Jwa Eunkyoung, Hwang Shin, Kwon Yong-Jae, Kim Nayoung, Song Gi-Won, Jung Dong-Hwan, Ahn Chul-Soo, Tak Eunyoung, Moon Deok-Bog, Kim Ki-Hun, Ha Tae-Yong, Park Gil-Chun, Lee Sung-Gyu
Department of Surgery, Asan Medical Center, University of Ulsan College of Medicine, Seoul, Korea.

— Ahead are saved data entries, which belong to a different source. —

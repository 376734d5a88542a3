-- ===== src/Matchmaking/Binary/Through.antt =====
-- Messages that are read back from their fields are read back from their bytes.
use hax_war.Base.{ℕ, ◌≡◌, ◌∙◌, ap, List}
use hax_war.Matchmaking.{Wire, IsFaithful}
use hax_war.Matchmaking.Queue.{
  JoinQueueRequest, serialize_join_queue_request, deserialize_join_queue_request, LeaveQueueRequest,
  serialize_leave_queue_request, deserialize_leave_queue_request, LeaveQueueResponse,
  serialize_leave_queue_response, deserialize_leave_queue_response, GetQueueStatusRequest,
  serialize_get_queue_status_request, deserialize_get_queue_status_request, QueueStatus,
  serialize_queue_status, deserialize_queue_status,
}
use hax_war.Matchmaking.Updates.{
  MatchFoundResult, serialize_match_found_result, deserialize_match_found_result, MatchmakingUpdate,
  serialize_matchmaking_update, deserialize_matchmaking_update,
}
use hax_war.Matchmaking.Rooms.{
  GetRoomInfoRequest, serialize_get_room_info_request, deserialize_get_room_info_request, RoomInfo,
  serialize_room_info, deserialize_room_info, ListActiveRoomsRequest,
  serialize_list_active_rooms_request, deserialize_list_active_rooms_request,
  ListActiveRoomsResponse, serialize_list_active_rooms_response,
  deserialize_list_active_rooms_response,
}
use hax_war.Matchmaking.Binary.{
  serialize_binary_join_queue_request, deserialize_binary_join_queue_request,
  serialize_binary_leave_queue_request, deserialize_binary_leave_queue_request,
  serialize_binary_leave_queue_response, deserialize_binary_leave_queue_response,
  serialize_binary_get_queue_status_request, deserialize_binary_get_queue_status_request,
  serialize_binary_queue_status, deserialize_binary_queue_status,
  serialize_binary_match_found_result, deserialize_binary_match_found_result,
  serialize_binary_matchmaking_update, deserialize_binary_matchmaking_update,
  serialize_binary_get_room_info_request, deserialize_binary_get_room_info_request,
  serialize_binary_room_info, deserialize_binary_room_info,
  serialize_binary_list_active_rooms_request, deserialize_binary_list_active_rooms_request,
  serialize_binary_list_active_rooms_response, deserialize_binary_list_active_rooms_response,
}

module _ {w : Wire} (ok : IsFaithful w) where
  -- A message that is read back from its fields is read back from its bytes.
  through_bytes :
      {M : Type 0} (write : M → List (ℕ × w.Raw)) (read : List (ℕ × w.Raw) → M) {m : M}
      → read (write m) ≡ m
      → read (w.new_reader (w.result_buffer (write m))) ≡ m
  through_bytes write read {m} h = ap read (ok.buffer (write m)) ∙ h

  pub join_queue_request-through_bytes :
      {m : JoinQueueRequest}
      → deserialize_join_queue_request w (serialize_join_queue_request w m) ≡ m
      → deserialize_binary_join_queue_request w (serialize_binary_join_queue_request w m) ≡ m
  unfolding deserialize_binary_join_queue_request serialize_binary_join_queue_request
  join_queue_request-through_bytes h =
      through_bytes (serialize_join_queue_request w) (deserialize_join_queue_request w) h

  pub leave_queue_request-through_bytes :
      {m : LeaveQueueRequest}
      → deserialize_leave_queue_request w (serialize_leave_queue_request w m) ≡ m
      → deserialize_binary_leave_queue_request w (serialize_binary_leave_queue_request w m) ≡ m
  unfolding deserialize_binary_leave_queue_request serialize_binary_leave_queue_request
  leave_queue_request-through_bytes h =
      through_bytes (serialize_leave_queue_request w) (deserialize_leave_queue_request w) h

  pub leave_queue_response-through_bytes :
      {m : LeaveQueueResponse}
      → deserialize_leave_queue_response w (serialize_leave_queue_response w m) ≡ m
      → deserialize_binary_leave_queue_response w (serialize_binary_leave_queue_response w m) ≡ m
  unfolding deserialize_binary_leave_queue_response serialize_binary_leave_queue_response
  leave_queue_response-through_bytes h =
      through_bytes (serialize_leave_queue_response w) (deserialize_leave_queue_response w) h

  pub get_queue_status_request-through_bytes :
      {m : GetQueueStatusRequest}
      → deserialize_get_queue_status_request w (serialize_get_queue_status_request w m) ≡ m
      → deserialize_binary_get_queue_status_request w
          (serialize_binary_get_queue_status_request w m)
        ≡ m
  unfolding deserialize_binary_get_queue_status_request serialize_binary_get_queue_status_request
  get_queue_status_request-through_bytes h =
      through_bytes (serialize_get_queue_status_request w) (deserialize_get_queue_status_request w)
        h

  pub queue_status-through_bytes :
      {m : QueueStatus}
      → deserialize_queue_status w (serialize_queue_status w m) ≡ m
      → deserialize_binary_queue_status w (serialize_binary_queue_status w m) ≡ m
  unfolding deserialize_binary_queue_status serialize_binary_queue_status
  queue_status-through_bytes h =
      through_bytes (serialize_queue_status w) (deserialize_queue_status w) h

  pub match_found_result-through_bytes :
      {m : MatchFoundResult}
      → deserialize_match_found_result w (serialize_match_found_result w m) ≡ m
      → deserialize_binary_match_found_result w (serialize_binary_match_found_result w m) ≡ m
  unfolding deserialize_binary_match_found_result serialize_binary_match_found_result
  match_found_result-through_bytes h =
      through_bytes (serialize_match_found_result w) (deserialize_match_found_result w) h

  pub matchmaking_update-through_bytes :
      {m : MatchmakingUpdate}
      → deserialize_matchmaking_update w (serialize_matchmaking_update w m) ≡ m
      → deserialize_binary_matchmaking_update w (serialize_binary_matchmaking_update w m) ≡ m
  unfolding deserialize_binary_matchmaking_update serialize_binary_matchmaking_update
  matchmaking_update-through_bytes h =
      through_bytes (serialize_matchmaking_update w) (deserialize_matchmaking_update w) h

  pub get_room_info_request-through_bytes :
      {m : GetRoomInfoRequest}
      → deserialize_get_room_info_request w (serialize_get_room_info_request w m) ≡ m
      → deserialize_binary_get_room_info_request w (serialize_binary_get_room_info_request w m) ≡ m
  unfolding deserialize_binary_get_room_info_request serialize_binary_get_room_info_request
  get_room_info_request-through_bytes h =
      through_bytes (serialize_get_room_info_request w) (deserialize_get_room_info_request w) h

  pub room_info-through_bytes :
      {m : RoomInfo}
      → deserialize_room_info w (serialize_room_info w m) ≡ m
      → deserialize_binary_room_info w (serialize_binary_room_info w m) ≡ m
  unfolding deserialize_binary_room_info serialize_binary_room_info
  room_info-through_bytes h = through_bytes (serialize_room_info w) (deserialize_room_info w) h

  pub list_active_rooms_request-through_bytes :
      {m : ListActiveRoomsRequest}
      → deserialize_list_active_rooms_request w (serialize_list_active_rooms_request w m) ≡ m
      → deserialize_binary_list_active_rooms_request w
          (serialize_binary_list_active_rooms_request w m)
        ≡ m
  unfolding deserialize_binary_list_active_rooms_request serialize_binary_list_active_rooms_request
  list_active_rooms_request-through_bytes h =
      through_bytes (serialize_list_active_rooms_request w)
        (deserialize_list_active_rooms_request w) h

  pub list_active_rooms_response-through_bytes :
      {m : ListActiveRoomsResponse}
      → deserialize_list_active_rooms_response w (serialize_list_active_rooms_response w m) ≡ m
      → deserialize_binary_list_active_rooms_response w
          (serialize_binary_list_active_rooms_response w m)
        ≡ m
  unfolding deserialize_binary_list_active_rooms_response
      serialize_binary_list_active_rooms_response
  list_active_rooms_response-through_bytes h =
      through_bytes (serialize_list_active_rooms_response w)
        (deserialize_list_active_rooms_response w) h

Asan Institute for Life Sciences, Asan Medical Center, University of Ulsan College of Medicine, Seoul, Korea.
Korean J Hepatobiliary Pancreat Surg. 2015 Nov;19(4):139-48. doi: 10.14701/kjhbps.2015.19.4.139. Epub 2015 Nov 30.
BACKGROUNDS/AIMS: We evaluated the clinical usability of immune cell monitoring in adult liver transplantation (LT) recipients.
This study was composed of two parts as using calcineurin phosphatase (CNP) activity assay and ImmuKnow assay independently as in vitro monitoring tools of immune cell function in adult LT recipients.
There was a rough correlation between CNP activity and tacrolimus concentration in 33 patients. This association was evident in patients who were only administered tacrolimus, but disappeared after the co-administration of mycophenolate. In 118 healthy individuals, the mean proportion of helper T-cells was 37.4±8.1%. According to ImmuKnow assay, their immune responses were strong in 12 patients (10.2%), moderate in 92 patients (78.0%), and low in 14 patients (11.9%). In 85 patients waiting for LT, there was a rough correlation between the ImmuKnow ATP level and age. Their immune responses were strong in 0 patients (0%), moderate in 8 patients (9.4%), and low in 77 patients (90.6%). There was a difference in the ImmuKnow ATP levels between healthy individuals and patients with liver disease. In 137 LT recipients, there was no correlation between the ImmuKnow ATP levels and tacrolimus concentration. This trend did not change after grouping the patients according to co-administration with mycophenolate. Eight recipients experienced acute rejection, but none showed strong immune response.
We think that both CNP activity assay and ImmuKnow assay are too limited to objectively determine the level of immunosuppression. Further studies should be performed to identify other methods for immune function monitoring.
背景/目的:我们评估了免疫细胞监测在成人肝移植受者中的临床实用性。
本研究分为两部分,分别独立使用钙调神经磷酸酶(CNP)活性测定法和免疫状态监测(ImmuKnow)测定法作为成人肝移植受者免疫细胞功能的体外监测工具。
33例患者的CNP活性与他克莫司浓度之间存在大致相关性。这种关联在仅接受他克莫司治疗的患者中明显,但在联合使用霉酚酸酯后消失。在118名健康个体中,辅助性T细胞的平均比例为37.4±8.1%。根据免疫状态监测测定法,12例患者(10.2%)免疫反应强,92例患者(78.0%)免疫反应中等,14例患者(11.9%)免疫反应弱。在85例等待肝移植的患者中,免疫状态监测ATP水平与年龄之间存在大致相关性。0例患者(0%)免疫反应强,8例患者(9.4%)免疫反应中等,77例患者(90.6%)免疫反应弱。健康个体与肝病患者的免疫状态监测ATP水平存在差异。在137例肝移植受者中,免疫状态监测ATP水平与他克莫司浓度之间无相关性。根据是否联合使用霉酚酸酯对患者进行分组后,这一趋势未改变。8例受者发生急性排斥反应,但均未表现出强烈免疫反应。
我们认为CNP活性测定法和免疫状态监测测定法都有局限性,无法客观确定免疫抑制水平。应进行进一步研究以确定其他免疫功能监测方法。